Friday, October 24, 2008

Obama Confuses Former Hotties

Report by Don Hanson, DE Chapter


After a stump speech Friday in Dover, DE, while making idle small talk with a group of “commoners” fawning over the would-be next President of the United States, Barack Obama responded to questions about former Hollywood vixen Heather Locklear (pictured right).  John Marshall, a former Dover area high school football star and current part-time janitor at his former high school, lamenting that “all the political bull[puckey] going on was too depressing to talk about,” said that it was he who initially steered Obama to the topic of Locklear.  “I always thought [Locklear] was hot, and since I have virtually nothing in common with Mr. Obama, I figured we could talk about hot chicks.”

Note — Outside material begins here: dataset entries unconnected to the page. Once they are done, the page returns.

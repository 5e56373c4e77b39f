-- ===== src/Tests/InjectorExamples.antt =====
-- The theorems on the injector at a message that is sent with one key.
use yatagarasu.Prelude.{not, ◌&&◌, none, [], ◌∷◌, ◌≡◌}
use yatagarasu.Cmux.Outcome.{is_proven, may_requeue, must_hold}
use yatagarasu.Cmux.Injector.{
  Outside, all_required, await_proof, event_input_sent, event_prompt_submitted,
}
use yatagarasu.Cmux.Injector.Evidence.{is_nil, await_proof-verdict}

abbrev nothing_raises : Outside
nothing_raises done effect = none

await_proof-verdict_example :
    (is_proven (await_proof "delivery-1" (event_input_sent ∷ event_prompt_submitted ∷ []))
      ≡ all_required (event_input_sent ∷ event_prompt_submitted ∷ []))
    × (may_requeue (await_proof "delivery-1" (event_input_sent ∷ event_prompt_submitted ∷ []))
        ≡ is_nil (event_input_sent ∷ event_prompt_submitted ∷ []))
    × (must_hold (await_proof "delivery-1" (event_input_sent ∷ event_prompt_submitted ∷ [])) ≡ (
        not (all_required (event_input_sent ∷ event_prompt_submitted ∷ []))
        && not (is_nil (event_input_sent ∷ event_prompt_submitted ∷ []))))
await_proof-verdict_example =
    await_proof-verdict "delivery-1" (event_input_sent ∷ event_prompt_submitted ∷ [])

What subsequently seeped from the Democratic Senator’s mouth shocked not only Marshall, but most of the other Obama devotees leaning on Barack’s every word.  “I think that tired old [actress] is tore up.  Yeah, [Locklear] used to be hot back when she was on The Fall Guy,” ranted Obama, “but now she looks more like that ol’ biddy (pictured left) married to John McCain.”  Following the outburst by the Presidential frontrunner, Marshall, shocked and dismayed, shook his head mournfully and muttered “what kind of idiot confuses Heather Locklear with Heather Thomas?”

Friday, October 17, 2008

Washington News In Brief

Scientists Fear Political Eruption Imminent


Report by Walter Hodges, OR Chapter


Government Seismologists cautioned Wednesday that underlying emotions stoked by political schisms are threatening to erupt in many areas of the country.  “The threat is particularly dangerous in so-called ‘battle ground’ states where the public is constantly bombarded with negative campaign ads,” says Dr. Francis Norton of the United States Geological Survey (USGS).  The USGS is suggesting that citizens avoid artificial stimulants such as caffeine and meth-amphetamines, and limiting exposure to political stimuli like political ads and that annoying guy at work with all the bumper stickers who won’t shut up about how only an idiot would vote for so-and-so.



Liberals Call GOP Billboard Racist


Report by Alan Bostwick, MN Chapter


Liberal political action committee (PAC) MoveOn.Org issued a statement on Tuesday demanding that billboards recently erected by the Republican National Committee (RNC) be removed immediately.  The billboards in question point out the difference between the so called “fast lane” and “slow lane”, and bill the ad as a “Public Service Announcement”. 


MoveOn.Org called the ad campaign as racist and demeaning to both Asians and Gays.  “Everyone knows that Asians and Gays are the world’s worst drivers, and this is an obvious attack on those people groups by the hate-mongers on the Right,” says MoveOn founder Joan Blades.  RNC spokesman Bill Daniels responded to the accusations by asking, “What?!”

Sunday, October 12, 2008

Nebraska Rejects “Flat” Characterization

Report by Jon Pranteen, NE Chapter


Calling the term “flat” a “repugnant mischaracterization of the beauty hidden within the gentle contours of the Great State of Nebraska,” Governor Dave Heineman, with the backing of the Nebraska State Legislature, announced that the great plains state would no longer answer to, “hey you, the really long, boring, flat state.”  Posing with 2007 Miss Heartland, Rachel Seidel, following the announcement, Governor Heineman joked with reporters saying, “as you can plainly see, Nebraska is anything but flat!”  Heineman’s wife, also pictured, reacted to the comment with a swift elbow to the governor’s ribs.  


After a heated exchange of incoherent mumbles between Heineman and Nebraska’s First Lady, the governor unveiled a replica of new state signs that had earlier in the week been place at either end of the state on Interstate 80.  Heineman closed the evening by inviting the World to “enjoy Nebraska’s subtle,” and winking at Seidel, “and not-so subtle contours!”